> [Work instructions]: Isolate every line in the records below with "antt" in it.

> [Stored items]:
◇ ◇ ◇ ◇ ◇

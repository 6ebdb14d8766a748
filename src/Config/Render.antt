-- ===== src/Config/Render.antt =====
-- Configuration files line by line: what the loop of common/rmt_config.c makes of a file with comments, empty lines
-- and settings.
use mathlib.Core.List.{append_assoc}
use rmt_library.Common.{
  ℕ, zero, suc, ◌+◌, ◌<◌, ◌≤◌, ◌≡◌, ◌≢◌, refl, ap, false, ◌==◌, Option, none, some, List, [], ◌∷◌,
  ◌++◌, Bytes, length, length-append, arith, All, ◌∙◌, Option-cases, inl, inr,
}
use rmt_library.Strings.{cut, Free}
use rmt_library.Strings.Tokens.{cut-Free, Free-append}
use rmt_library.Config.{
  Config, is_skipped, scan_line, read_line, read_lines, read_file, find_field, config_mapping,
  store,
}
use rmt_library.Config.Scan.{
  IsWord, blanks, fgets-line, scan_line-pair, scan_line-unset, scan_line-plain,
}

-- a line of a configuration file: a comment, nothing, a key with blanks and a value behind the colon, a key with
-- nothing but blanks behind the colon, or a text without a colon
pub data Line : Type 0 where
  comment : Bytes → Line
  blank : Line
  setting : Bytes → ℕ → Bytes → Line
  unset : Bytes → ℕ → Line
  plain : Bytes → Line

-- the text of a line without its newline
abbrev pub body : Line → Bytes
body (comment s) = b'#' ∷ s
body blank = []
body (setting key n value) = key ++ (b':' ∷ blanks n value)
body (unset key n) = key ++ (b':' ∷ blanks n [])
body (plain s) = s

abbrev pub render : List Line → Bytes
render [] = []
render (l ∷ lines) = body l ++ (10 ∷ render lines)

-- A key that fits its buffer: it is not empty, holds no colon, newline or zero and does not look like a comment.
pub record IsKey (key : Bytes) : Type 0 where
  pub key_some : key ≢ []
  pub no_comment : is_skipped key ≡ false
  pub no_colon : Free b':' key
  pub no_newline : Free 10 key
  pub no_end : Free 0 key
  pub key_fits : length key < 127

-- A key and a value that fit: the value is one word that is not empty and holds no zero.
pub record IsSetting (key : Bytes) (n : ℕ) (value : Bytes) : Type 0 where
  pub named : IsKey key
  pub value_some : value ≢ []
  pub one_word : IsWord value
  pub value_no_end : Free 0 value
  pub value_fits : length value < 256
  pub line_fits : length key + n + length value < 1022

abbrev pub IsLine : Line → Type 0
IsLine (comment s) = Free 10 s × (length s < 1022)
IsLine blank = Unit
IsLine (setting key n value) = IsSetting key n value
IsLine (unset key n) = IsKey key × (length key + n < 1022)
IsLine (plain s) = IsKey s

-- what a line means: a known key is stored, everything else has no effect
abbrev pub assign : Line → Config → Option Config
assign (comment s) c = some c
assign blank c = some c
assign (unset key n) c = some c
assign (plain s) c = some c
assign (setting key n value) c = elim (find_field key config_mapping) [
  | none ↦ some c
  | some f ↦ store f value c
]

abbrev pub assign_all : List Line → Config → Option Config
assign_all [] c = some c
assign_all (l ∷ lines) c = elim (assign l c) [ none ↦ none | some c' ↦ assign_all lines c' ]

word-no-newline : (s : Bytes) → IsWord s → Free 10 s
word-no-newline [] h = tt
word-no-newline (c ∷ s) h = (ground (arith, h.0), word-no-newline s h.1)

blanks-Free : (d n : ℕ) (s : Bytes) → (b' ' == d) ≡ false → Free d s → Free d (blanks n s)
blanks-Free d zero s h f = f
blanks-Free d (suc n) s h f = (h, blanks-Free d n s h f)

blanks-append : (n : ℕ) (s t : Bytes) → blanks n s ++ t ≡ blanks n (s ++ t)
blanks-append zero s t = refl
blanks-append (suc n) s t = ap (λ l. b' ' ∷ l) (blanks-append n s t)

length-blanks : (n : ℕ) (s : Bytes) → length (blanks n s) ≡ n + length s
length-blanks zero s = omega arith
length-blanks (suc n) s = omega (arith, length-blanks n s)

-- a line is one read of `fgets`
pub body_fits : (l : Line) → IsLine l → Free 10 (body l) × (length (body l) < 1023)
body_fits (comment s) h = ((refl, h.0), omega (arith, h.1))
body_fits blank h = (tt, omega arith)
body_fits (setting key n value) h = (
  Free-append 10 key (b':' ∷ blanks n value) h.named.no_newline
      (refl, blanks-Free 10 n value refl (word-no-newline value h.one_word)),
  omega (arith, length-append key (b':' ∷ blanks n value), length-blanks n value, h.line_fits),
)
body_fits (unset key n) h = (
  Free-append 10 key (b':' ∷ blanks n []) h.0.no_newline (refl, blanks-Free 10 n [] refl tt),
  omega (arith, length-append key (b':' ∷ blanks n []), length-blanks n [], h.1),
)
body_fits (plain s) h = (h.no_newline, omega (arith, h.key_fits))

is_skipped-append : (key t : Bytes) → key ≢ [] → is_skipped (key ++ t) ≡ is_skipped key
is_skipped-append [] t ne = absurd (ne refl)
is_skipped-append (c ∷ key) t ne = refl

read_line-text :
    (text : Bytes) (key value : Bytes) (c : Config)
    → Free 0 text
    → is_skipped text ≡ false
    → scan_line text ≡ some (some (key, value))
    → read_line text c
      ≡ elim (find_field key config_mapping) [ none ↦ some c | some f ↦ store f value c ]
unfolding read_line
read_line-text text key value c z k e = rw (cut-Free 0 text z) (rw (k, e) refl)

read_line-setting :
    (key : Bytes) (n : ℕ) (value : Bytes) (c : Config)
    → IsSetting key n value
    → read_line (body (setting key n value) ++ (10 ∷ [])) c ≡ assign (setting key n value) c
read_line-setting key n value c h =
    let whole = key ++ (b':' ∷ blanks n (value ++ (10 ∷ []))) in
    let shape : (key ++ (b':' ∷ blanks n value)) ++ (10 ∷ []) ≡ whole =
      append_assoc key (b':' ∷ blanks n value) (10 ∷ [])
      ∙ ap (λ l. key ++ (b':' ∷ l)) (blanks-append n value (10 ∷ [])) in
    rw shape (
      read_line-text whole key value c
        (Free-append 0 key (b':' ∷ blanks n (value ++ (10 ∷ []))) h.named.no_end (
          refl,
          blanks-Free 0 n (value ++ (10 ∷ [])) refl
              (Free-append 0 value (10 ∷ []) h.value_no_end (refl, tt)),
        ))
        (is_skipped-append key (b':' ∷ blanks n (value ++ (10 ∷ []))) h.named.key_some
          ∙ h.named.no_comment)
        (scan_line-pair key value n h.named.key_some h.named.no_colon
          (omega (arith, h.named.key_fits)) h.value_some h.one_word h.value_fits))

read_line-wrong :
    (text : Bytes) (c : Config)
    → Free 0 text
    → is_skipped text ≡ false
    → scan_line text ≡ some none
    → read_line text c ≡ some c
unfolding read_line
read_line-wrong text c z k e = rw (cut-Free 0 text z) (rw (k, e) refl)

read_line-unset :
    (key : Bytes) (n : ℕ) (c : Config)
    → IsKey key
    → read_line (body (unset key n) ++ (10 ∷ [])) c ≡ some c
read_line-unset key n c h =
    let whole = key ++ (b':' ∷ blanks n (10 ∷ [])) in
    let shape : (key ++ (b':' ∷ blanks n [])) ++ (10 ∷ []) ≡ whole =
      append_assoc key (b':' ∷ blanks n []) (10 ∷ [])
      ∙ ap (λ l. key ++ (b':' ∷ l)) (blanks-append n [] (10 ∷ [])) in
    rw shape (
      read_line-wrong whole c
        (Free-append 0 key (b':' ∷ blanks n (10 ∷ [])) h.no_end
          (refl, blanks-Free 0 n (10 ∷ []) refl (refl, tt)))
        (is_skipped-append key (b':' ∷ blanks n (10 ∷ [])) h.key_some ∙ h.no_comment)
        (scan_line-unset key n h.no_colon h.key_fits))

read_line-plain : (s : Bytes) (c : Config) → IsKey s → read_line (s ++ (10 ∷ [])) c ≡ some c
read_line-plain s c h =
    read_line-wrong (s ++ (10 ∷ [])) c (Free-append 0 s (10 ∷ []) h.no_end (refl, tt))
      (is_skipped-append s (10 ∷ []) h.key_some ∙ h.no_comment)
      (scan_line-plain (s ++ (10 ∷ [])) (Free-append b':' s (10 ∷ []) h.no_colon (refl, tt))
        (omega (arith, length-append s (10 ∷ []), h.key_fits)))

pub read_line-body :
    (l : Line) (c : Config) → IsLine l → read_line (body l ++ (10 ∷ [])) c ≡ assign l c
unfolding read_line cut
read_line-body (comment s) c h = refl
read_line-body blank c h = refl
read_line-body (setting key n value) c h = read_line-setting key n value c h
read_line-body (unset key n) c h = read_line-unset key n c h.0
read_line-body (plain s) c h = read_line-plain s c h

pub read_lines-line :
    (fuel : ℕ) (s rest : Bytes) (c : Config)
    → Free 10 s
    → length s < 1023
    → read_lines (suc fuel) (s ++ (10 ∷ rest)) c
      ≡ elim (read_line (s ++ (10 ∷ [])) c) [ none ↦ none | some c' ↦ read_lines fuel rest c' ]
unfolding read_lines
read_lines-line fuel [] rest c f h = ground (arith, fgets-line 1023 [] rest f h)
read_lines-line fuel (x ∷ s) rest c f h = ground (arith, fgets-line 1023 (x ∷ s) rest f h)

read_lines-render :
    (fuel : ℕ) (lines : List Line) (c : Config)
    → All IsLine lines
    → length (render lines) ≤ fuel
    → read_lines fuel (render lines) c ≡ assign_all lines c
unfolding read_lines
read_lines-render zero [] c h k = refl
read_lines-render (suc fuel) [] c h k = refl
read_lines-render zero (l ∷ lines) c h k =
    absurd (omega (arith, length-append (body l) (10 ∷ render lines)))
read_lines-render (suc fuel) (l ∷ lines) c h k =
    let (free, fits) = body_fits l h.0 in
    read_lines-line fuel (body l) (render lines) c free fits
    ∙ rw (read_line-body l c h.0) (elim (Option-cases (assign l c)) [
      | inl e ↦ ground (arith, e)
      | inr (c', e) ↦ ground (
        arith,
        e,
        read_lines-render fuel lines c' h.1,
        k,
        length-append (body l) (10 ∷ render lines),
      )
    ])

-- Reading a configuration file whose lines are comments, empty, settings, keys without a value and texts
-- without a colon, all of which fit the buffers, stores the settings one after another, in their
-- order, each under the row with its key. A setting with an unknown key has no effect, nor has any
-- other line. A string too long for its field is the only write behind a buffer.
pub read_file-render :
    (lines : List Line) (c : Config)
    → All IsLine lines
    → read_file (render lines) c ≡ assign_all lines c
read_file-render lines c h = read_lines-render (length (render lines)) lines c h (omega arith)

◇ ◇ ◇ ◇ ◇

> [Task output]:
filename src/Config/Render.antt
-- ===== src/Config/Render.antt =====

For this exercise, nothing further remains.